BRIEF:
Look below for the line containing "rw (handle, locks, fits)" and the line containing "cf_unicodetext == 0) ≡ false"; repeat exactly those two lines and all lines between them, and nothing else.

BEGIN

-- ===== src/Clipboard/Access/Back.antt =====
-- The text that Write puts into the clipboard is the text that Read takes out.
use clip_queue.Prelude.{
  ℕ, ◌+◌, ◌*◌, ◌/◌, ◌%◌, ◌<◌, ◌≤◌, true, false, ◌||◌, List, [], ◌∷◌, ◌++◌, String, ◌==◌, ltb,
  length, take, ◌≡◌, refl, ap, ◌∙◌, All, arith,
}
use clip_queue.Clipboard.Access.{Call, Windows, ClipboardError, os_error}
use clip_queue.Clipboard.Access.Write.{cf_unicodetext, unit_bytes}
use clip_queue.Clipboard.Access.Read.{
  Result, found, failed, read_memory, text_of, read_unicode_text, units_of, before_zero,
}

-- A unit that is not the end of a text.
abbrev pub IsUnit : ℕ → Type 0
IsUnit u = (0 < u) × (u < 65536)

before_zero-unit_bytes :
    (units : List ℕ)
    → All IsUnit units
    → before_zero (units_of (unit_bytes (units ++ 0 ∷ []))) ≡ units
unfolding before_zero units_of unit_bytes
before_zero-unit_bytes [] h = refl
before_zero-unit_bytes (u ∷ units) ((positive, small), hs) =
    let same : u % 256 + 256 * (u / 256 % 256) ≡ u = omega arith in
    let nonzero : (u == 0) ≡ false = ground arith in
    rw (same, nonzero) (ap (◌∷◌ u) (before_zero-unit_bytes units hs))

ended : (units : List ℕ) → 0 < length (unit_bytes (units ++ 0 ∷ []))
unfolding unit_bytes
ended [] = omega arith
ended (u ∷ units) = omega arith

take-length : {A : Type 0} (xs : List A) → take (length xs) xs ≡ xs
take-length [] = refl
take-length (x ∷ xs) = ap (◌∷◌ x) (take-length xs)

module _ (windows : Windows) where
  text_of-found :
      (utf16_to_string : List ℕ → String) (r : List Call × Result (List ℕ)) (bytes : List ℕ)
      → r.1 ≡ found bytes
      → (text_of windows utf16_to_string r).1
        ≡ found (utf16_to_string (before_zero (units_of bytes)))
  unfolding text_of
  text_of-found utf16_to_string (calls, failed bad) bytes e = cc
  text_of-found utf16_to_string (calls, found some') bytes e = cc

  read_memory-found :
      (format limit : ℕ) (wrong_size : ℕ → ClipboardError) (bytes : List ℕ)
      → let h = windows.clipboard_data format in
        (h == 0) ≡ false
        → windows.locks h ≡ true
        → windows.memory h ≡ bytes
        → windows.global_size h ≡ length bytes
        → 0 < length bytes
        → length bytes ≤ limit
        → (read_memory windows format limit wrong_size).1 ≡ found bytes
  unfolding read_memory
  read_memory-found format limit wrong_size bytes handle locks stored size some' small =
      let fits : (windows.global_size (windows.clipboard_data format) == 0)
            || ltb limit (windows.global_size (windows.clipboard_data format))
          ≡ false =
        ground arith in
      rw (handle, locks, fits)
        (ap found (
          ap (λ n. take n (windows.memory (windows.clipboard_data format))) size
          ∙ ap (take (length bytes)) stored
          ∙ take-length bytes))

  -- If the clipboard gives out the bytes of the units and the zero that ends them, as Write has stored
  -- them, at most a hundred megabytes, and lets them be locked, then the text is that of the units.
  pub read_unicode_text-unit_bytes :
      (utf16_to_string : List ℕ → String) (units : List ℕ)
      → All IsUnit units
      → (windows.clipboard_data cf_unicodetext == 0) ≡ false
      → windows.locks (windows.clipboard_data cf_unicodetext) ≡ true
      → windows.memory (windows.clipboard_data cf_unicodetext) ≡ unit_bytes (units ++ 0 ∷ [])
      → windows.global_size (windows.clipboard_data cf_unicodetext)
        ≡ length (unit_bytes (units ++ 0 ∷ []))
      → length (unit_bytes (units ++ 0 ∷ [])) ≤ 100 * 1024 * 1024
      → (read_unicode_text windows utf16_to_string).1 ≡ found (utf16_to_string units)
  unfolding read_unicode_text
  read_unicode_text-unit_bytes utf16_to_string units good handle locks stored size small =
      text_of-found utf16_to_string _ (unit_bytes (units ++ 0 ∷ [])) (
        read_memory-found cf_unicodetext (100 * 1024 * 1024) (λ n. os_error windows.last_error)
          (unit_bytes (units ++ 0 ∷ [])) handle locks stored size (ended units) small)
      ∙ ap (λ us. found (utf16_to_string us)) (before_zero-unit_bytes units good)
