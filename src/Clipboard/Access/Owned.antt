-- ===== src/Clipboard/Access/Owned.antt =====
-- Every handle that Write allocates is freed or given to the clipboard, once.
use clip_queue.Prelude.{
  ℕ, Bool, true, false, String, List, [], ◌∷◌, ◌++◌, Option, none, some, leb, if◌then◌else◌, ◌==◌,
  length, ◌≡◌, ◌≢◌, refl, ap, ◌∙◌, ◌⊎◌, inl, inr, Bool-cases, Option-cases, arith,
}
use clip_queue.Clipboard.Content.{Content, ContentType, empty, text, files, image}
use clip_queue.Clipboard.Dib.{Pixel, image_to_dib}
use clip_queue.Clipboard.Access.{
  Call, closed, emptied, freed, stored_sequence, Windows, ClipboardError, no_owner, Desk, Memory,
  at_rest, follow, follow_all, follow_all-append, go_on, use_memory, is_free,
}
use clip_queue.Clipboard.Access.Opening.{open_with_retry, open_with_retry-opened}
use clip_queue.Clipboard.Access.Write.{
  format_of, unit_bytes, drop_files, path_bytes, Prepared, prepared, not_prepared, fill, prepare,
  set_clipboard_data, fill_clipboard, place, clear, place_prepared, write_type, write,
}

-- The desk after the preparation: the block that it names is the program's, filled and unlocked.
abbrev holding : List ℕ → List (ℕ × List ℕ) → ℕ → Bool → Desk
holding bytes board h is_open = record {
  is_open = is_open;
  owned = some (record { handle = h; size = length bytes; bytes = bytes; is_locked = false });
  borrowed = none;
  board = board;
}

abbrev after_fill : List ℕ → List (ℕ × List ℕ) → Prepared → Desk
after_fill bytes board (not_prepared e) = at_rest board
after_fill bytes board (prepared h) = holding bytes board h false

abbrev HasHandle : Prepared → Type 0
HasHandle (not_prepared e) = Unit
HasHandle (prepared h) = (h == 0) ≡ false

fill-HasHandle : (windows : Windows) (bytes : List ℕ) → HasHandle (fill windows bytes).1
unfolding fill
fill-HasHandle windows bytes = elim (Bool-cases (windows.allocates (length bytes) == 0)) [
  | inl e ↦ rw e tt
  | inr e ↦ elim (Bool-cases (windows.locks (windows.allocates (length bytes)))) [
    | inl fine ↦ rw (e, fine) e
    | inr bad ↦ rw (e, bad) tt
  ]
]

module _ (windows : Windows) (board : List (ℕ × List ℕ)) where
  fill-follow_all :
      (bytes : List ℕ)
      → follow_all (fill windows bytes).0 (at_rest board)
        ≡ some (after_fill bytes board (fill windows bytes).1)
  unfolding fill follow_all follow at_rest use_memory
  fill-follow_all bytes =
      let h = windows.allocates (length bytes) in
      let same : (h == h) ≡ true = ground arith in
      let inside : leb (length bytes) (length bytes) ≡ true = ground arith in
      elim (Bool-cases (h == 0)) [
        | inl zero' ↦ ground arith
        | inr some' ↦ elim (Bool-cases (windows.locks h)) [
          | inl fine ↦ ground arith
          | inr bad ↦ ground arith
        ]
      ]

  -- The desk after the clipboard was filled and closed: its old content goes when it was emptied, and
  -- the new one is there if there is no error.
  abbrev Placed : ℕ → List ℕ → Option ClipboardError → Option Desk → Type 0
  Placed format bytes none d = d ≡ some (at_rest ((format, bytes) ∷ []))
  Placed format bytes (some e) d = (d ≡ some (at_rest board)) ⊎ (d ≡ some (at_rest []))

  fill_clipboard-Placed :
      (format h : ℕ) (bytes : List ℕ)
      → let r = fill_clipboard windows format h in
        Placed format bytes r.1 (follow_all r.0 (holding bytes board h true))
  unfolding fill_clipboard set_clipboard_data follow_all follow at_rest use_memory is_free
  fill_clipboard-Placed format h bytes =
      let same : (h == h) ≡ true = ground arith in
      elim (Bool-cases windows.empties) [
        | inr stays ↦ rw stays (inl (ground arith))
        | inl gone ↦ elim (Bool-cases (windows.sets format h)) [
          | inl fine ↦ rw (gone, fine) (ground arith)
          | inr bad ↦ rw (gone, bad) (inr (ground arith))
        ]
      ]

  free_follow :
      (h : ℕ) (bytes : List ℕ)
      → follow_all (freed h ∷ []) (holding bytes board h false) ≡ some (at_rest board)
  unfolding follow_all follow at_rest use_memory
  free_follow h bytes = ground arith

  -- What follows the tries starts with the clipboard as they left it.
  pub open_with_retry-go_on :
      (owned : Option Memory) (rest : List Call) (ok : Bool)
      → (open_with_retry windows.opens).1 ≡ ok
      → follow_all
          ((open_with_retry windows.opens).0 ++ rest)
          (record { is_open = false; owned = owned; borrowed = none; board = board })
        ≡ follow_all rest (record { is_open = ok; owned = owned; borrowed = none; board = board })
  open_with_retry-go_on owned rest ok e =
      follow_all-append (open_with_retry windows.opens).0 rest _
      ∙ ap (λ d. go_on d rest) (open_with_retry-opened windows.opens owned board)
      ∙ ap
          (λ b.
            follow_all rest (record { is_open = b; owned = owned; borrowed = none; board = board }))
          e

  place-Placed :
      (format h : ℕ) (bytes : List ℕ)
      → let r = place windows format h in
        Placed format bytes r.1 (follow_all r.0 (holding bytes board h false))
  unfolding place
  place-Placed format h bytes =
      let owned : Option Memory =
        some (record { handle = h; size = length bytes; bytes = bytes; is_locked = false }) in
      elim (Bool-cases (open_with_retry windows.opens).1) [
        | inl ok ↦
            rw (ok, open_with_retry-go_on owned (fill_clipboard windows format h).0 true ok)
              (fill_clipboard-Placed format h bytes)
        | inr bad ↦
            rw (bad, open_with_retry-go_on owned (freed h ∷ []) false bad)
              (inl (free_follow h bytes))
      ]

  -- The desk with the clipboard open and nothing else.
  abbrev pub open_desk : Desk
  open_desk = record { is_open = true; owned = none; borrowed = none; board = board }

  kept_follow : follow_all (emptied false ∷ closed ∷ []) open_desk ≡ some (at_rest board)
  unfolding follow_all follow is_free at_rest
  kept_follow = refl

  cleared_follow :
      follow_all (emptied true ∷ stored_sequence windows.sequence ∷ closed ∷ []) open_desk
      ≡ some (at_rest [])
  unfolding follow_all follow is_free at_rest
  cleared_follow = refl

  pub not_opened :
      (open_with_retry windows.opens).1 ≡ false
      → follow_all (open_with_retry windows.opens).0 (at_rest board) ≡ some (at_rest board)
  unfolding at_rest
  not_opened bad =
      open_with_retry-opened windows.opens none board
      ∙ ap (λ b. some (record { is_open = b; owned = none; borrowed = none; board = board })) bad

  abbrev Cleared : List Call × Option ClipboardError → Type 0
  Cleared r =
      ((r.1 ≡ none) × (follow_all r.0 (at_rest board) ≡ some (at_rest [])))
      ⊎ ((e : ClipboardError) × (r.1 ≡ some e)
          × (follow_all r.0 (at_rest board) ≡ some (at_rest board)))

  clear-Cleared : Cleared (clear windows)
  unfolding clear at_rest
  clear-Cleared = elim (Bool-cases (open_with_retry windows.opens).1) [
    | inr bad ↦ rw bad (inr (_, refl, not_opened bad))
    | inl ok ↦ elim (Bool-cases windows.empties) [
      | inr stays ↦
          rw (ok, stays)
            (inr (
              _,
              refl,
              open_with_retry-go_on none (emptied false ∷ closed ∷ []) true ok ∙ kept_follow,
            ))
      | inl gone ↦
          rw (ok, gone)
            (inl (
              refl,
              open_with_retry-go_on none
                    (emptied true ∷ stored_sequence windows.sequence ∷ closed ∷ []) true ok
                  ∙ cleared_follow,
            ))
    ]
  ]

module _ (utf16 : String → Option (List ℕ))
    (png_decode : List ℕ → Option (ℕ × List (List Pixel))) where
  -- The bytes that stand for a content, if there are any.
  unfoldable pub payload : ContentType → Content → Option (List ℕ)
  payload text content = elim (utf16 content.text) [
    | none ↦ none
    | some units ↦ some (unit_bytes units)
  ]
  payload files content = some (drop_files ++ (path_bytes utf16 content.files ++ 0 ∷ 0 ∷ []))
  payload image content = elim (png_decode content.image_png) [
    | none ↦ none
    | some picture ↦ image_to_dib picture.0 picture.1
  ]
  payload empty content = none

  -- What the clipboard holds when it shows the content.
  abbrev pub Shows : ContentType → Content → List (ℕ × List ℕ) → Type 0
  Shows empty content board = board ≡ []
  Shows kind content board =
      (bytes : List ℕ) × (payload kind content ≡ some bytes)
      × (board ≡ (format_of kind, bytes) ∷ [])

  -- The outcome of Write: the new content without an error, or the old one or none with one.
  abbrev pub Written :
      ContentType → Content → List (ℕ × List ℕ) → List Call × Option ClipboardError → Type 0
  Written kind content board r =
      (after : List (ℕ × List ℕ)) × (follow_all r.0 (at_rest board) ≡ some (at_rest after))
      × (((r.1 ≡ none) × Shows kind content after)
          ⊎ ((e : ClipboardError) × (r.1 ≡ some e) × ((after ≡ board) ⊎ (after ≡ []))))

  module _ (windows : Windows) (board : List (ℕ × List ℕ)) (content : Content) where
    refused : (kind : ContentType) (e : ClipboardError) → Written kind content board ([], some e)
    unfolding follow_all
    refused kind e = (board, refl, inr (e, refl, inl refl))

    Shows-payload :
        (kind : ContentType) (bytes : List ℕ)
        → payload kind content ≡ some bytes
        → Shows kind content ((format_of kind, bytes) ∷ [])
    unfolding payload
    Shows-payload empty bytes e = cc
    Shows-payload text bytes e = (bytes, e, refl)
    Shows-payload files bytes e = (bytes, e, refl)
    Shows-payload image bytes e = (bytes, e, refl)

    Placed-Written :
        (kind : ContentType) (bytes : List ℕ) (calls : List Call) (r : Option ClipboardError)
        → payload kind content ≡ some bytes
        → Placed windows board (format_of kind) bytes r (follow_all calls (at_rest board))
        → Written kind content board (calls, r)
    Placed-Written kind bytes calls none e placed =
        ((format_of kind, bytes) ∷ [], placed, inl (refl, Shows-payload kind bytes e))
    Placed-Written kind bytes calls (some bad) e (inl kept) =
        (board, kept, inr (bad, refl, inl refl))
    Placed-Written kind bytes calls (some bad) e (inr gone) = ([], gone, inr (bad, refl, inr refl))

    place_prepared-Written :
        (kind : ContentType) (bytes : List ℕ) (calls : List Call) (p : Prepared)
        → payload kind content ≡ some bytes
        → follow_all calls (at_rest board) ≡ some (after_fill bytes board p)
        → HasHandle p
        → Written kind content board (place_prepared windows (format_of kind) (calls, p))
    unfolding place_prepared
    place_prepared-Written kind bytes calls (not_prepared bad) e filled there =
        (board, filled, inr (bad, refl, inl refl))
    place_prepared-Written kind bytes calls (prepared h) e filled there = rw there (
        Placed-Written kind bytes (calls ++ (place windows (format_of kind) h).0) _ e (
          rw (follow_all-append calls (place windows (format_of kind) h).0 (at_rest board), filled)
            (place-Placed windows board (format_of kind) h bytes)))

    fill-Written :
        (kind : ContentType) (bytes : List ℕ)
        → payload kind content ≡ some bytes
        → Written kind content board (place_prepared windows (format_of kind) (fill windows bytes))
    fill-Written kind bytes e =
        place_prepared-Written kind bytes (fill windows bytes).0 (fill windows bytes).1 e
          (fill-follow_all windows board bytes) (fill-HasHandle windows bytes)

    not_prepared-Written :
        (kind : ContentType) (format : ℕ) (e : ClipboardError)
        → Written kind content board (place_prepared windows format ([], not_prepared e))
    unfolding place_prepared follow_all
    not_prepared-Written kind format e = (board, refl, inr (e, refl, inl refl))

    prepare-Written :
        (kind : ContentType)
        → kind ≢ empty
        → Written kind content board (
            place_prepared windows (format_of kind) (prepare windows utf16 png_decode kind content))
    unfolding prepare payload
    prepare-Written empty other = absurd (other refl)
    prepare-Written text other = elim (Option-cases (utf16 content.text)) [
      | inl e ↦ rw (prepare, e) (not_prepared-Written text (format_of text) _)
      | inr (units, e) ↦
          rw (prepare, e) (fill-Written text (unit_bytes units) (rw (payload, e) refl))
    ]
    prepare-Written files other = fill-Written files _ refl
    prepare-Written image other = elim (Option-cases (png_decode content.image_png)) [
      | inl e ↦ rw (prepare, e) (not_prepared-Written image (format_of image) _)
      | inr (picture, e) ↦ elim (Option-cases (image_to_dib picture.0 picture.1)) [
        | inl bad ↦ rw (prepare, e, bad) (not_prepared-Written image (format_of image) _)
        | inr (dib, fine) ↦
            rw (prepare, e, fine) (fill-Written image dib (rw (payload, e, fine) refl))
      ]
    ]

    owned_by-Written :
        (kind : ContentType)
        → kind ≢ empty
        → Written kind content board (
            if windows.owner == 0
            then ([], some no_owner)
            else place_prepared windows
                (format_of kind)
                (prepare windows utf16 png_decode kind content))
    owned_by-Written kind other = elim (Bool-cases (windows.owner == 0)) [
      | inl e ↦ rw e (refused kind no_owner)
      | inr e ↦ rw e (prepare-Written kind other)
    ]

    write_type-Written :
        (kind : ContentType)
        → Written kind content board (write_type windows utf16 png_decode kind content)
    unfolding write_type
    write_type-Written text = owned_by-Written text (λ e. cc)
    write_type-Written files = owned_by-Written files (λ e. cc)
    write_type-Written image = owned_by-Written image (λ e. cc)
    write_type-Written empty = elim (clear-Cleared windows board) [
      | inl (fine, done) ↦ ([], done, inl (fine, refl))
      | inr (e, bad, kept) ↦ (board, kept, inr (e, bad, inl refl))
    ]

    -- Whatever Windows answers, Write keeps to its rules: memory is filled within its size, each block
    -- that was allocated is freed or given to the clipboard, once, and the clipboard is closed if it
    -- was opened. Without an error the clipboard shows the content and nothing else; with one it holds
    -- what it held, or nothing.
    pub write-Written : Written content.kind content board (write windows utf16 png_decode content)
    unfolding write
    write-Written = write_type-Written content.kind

END

RESULT OF THIS EXERCISE:
      rw (handle, locks, fits)
        (ap found (
          ap (λ n. take n (windows.memory (windows.clipboard_data format))) size
          ∙ ap (take (length bytes)) stored
          ∙ take-length bytes))

  -- If the clipboard gives out the bytes of the units and the zero that ends them, as Write has stored
  -- them, at most a hundred megabytes, and lets them be locked, then the text is that of the units.
  pub read_unicode_text-unit_bytes :
      (utf16_to_string : List ℕ → String) (units : List ℕ)
      → All IsUnit units
      → (windows.clipboard_data cf_unicodetext == 0) ≡ false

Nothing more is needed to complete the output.